Derek Scissors explores communist China’s economic challenges.

The China economy field is full of people repeating the government’s numbers and “analyzing” them. If that’s sufficient, China watchers can just project a gradual fall from 5 percent GDP growth followed by a gradual fall from 4 percent, and the next decade is done. In addition, we should believe that China was pursuing market-oriented changes and rebalancing in 2007, property investment genuinely added to GDP in 2017, and consumption will be stronger in 2027. Consumption will always be stronger soon. Extreme skepticism of official Chinese data and policy claims is frequently warranted, but it’s rarely found.
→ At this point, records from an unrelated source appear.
-- ===== src/Prelude/Outcome.antt =====
-- The result of a fallible function, `Result<A, E>`, with the `?` operator as bind.
use mathlib.Core.Path.{◌≡◌, refl}

pub data Result {ℓ κ} (E : Type κ) (A : Type ℓ) : Type (ℓ ⊔ κ) where
  ok : A → Result E A
  err : E → Result E A

infixl 5 ◌>>=◌ ◌>>◌
abbrev pub ◌>>=◌ {ℓ κ ι} :
    {E : Type κ} {A : Type ℓ} {B : Type ι} → Result E A → (A → Result E B) → Result E B
ok a >>= f = f a
err e >>= f = err e

abbrev pub ◌>>◌ {ℓ κ} : {E : Type κ} {B : Type ℓ} → Result E (Unit {0}) → Result E B → Result E B
m >> k = m >>= λ _. k

module _ {ℓ κ ι} {E : Type κ} {A : Type ℓ} {B : Type ι} where
  -- A chain that returned got a value from its first part, and its answer from the rest.
  pub >>=-eq-ok :
      (first : Result E A) (rest : A → Result E B) {answer : B}
      → first >>= rest ≡ ok answer
      → (value : A) × (first ≡ ok value) × (rest value ≡ ok answer)
  >>=-eq-ok (ok value) rest returned = (value, refl, returned)
  >>=-eq-ok (err reason) rest returned = cc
This forecast is written accordingly. It is not a forecast of official GDP growth, which will continue to smoothly decline. It’s a forecast of reality. To the upside, there is an option for a challenging and temporary but meaningful economic revival in reflation of property. This avoids General Secretary Xi Jinping’s obvious aversion to pro-market reform and would be more cost-effective than undirected fiscal or monetary stimulus. Given some months for implementation, property reflation would make for a strong multiyear period for the economy. For the longer term, weakness is guaranteed due to debt and especially demography. Growth may persist, but barely, and China will not be a truly rich country in 10 years, 20 years, or 30 years. …

… The setting for 2026 is therefore an economy continuing to gradually fade. Excessive reliance on investment has been swapped for a return to reliance on exports, but partners will eventually not permit PRC production to account for a larger share of their consumption. The government’s record of data manipulation and repression clouds the picture, but it’s unlikely the data are massaged to make them look poorer. That leaves the situation no better than at 4 percent nominal GDP growth for 2025, slowing, and with little reason to anticipate improvement.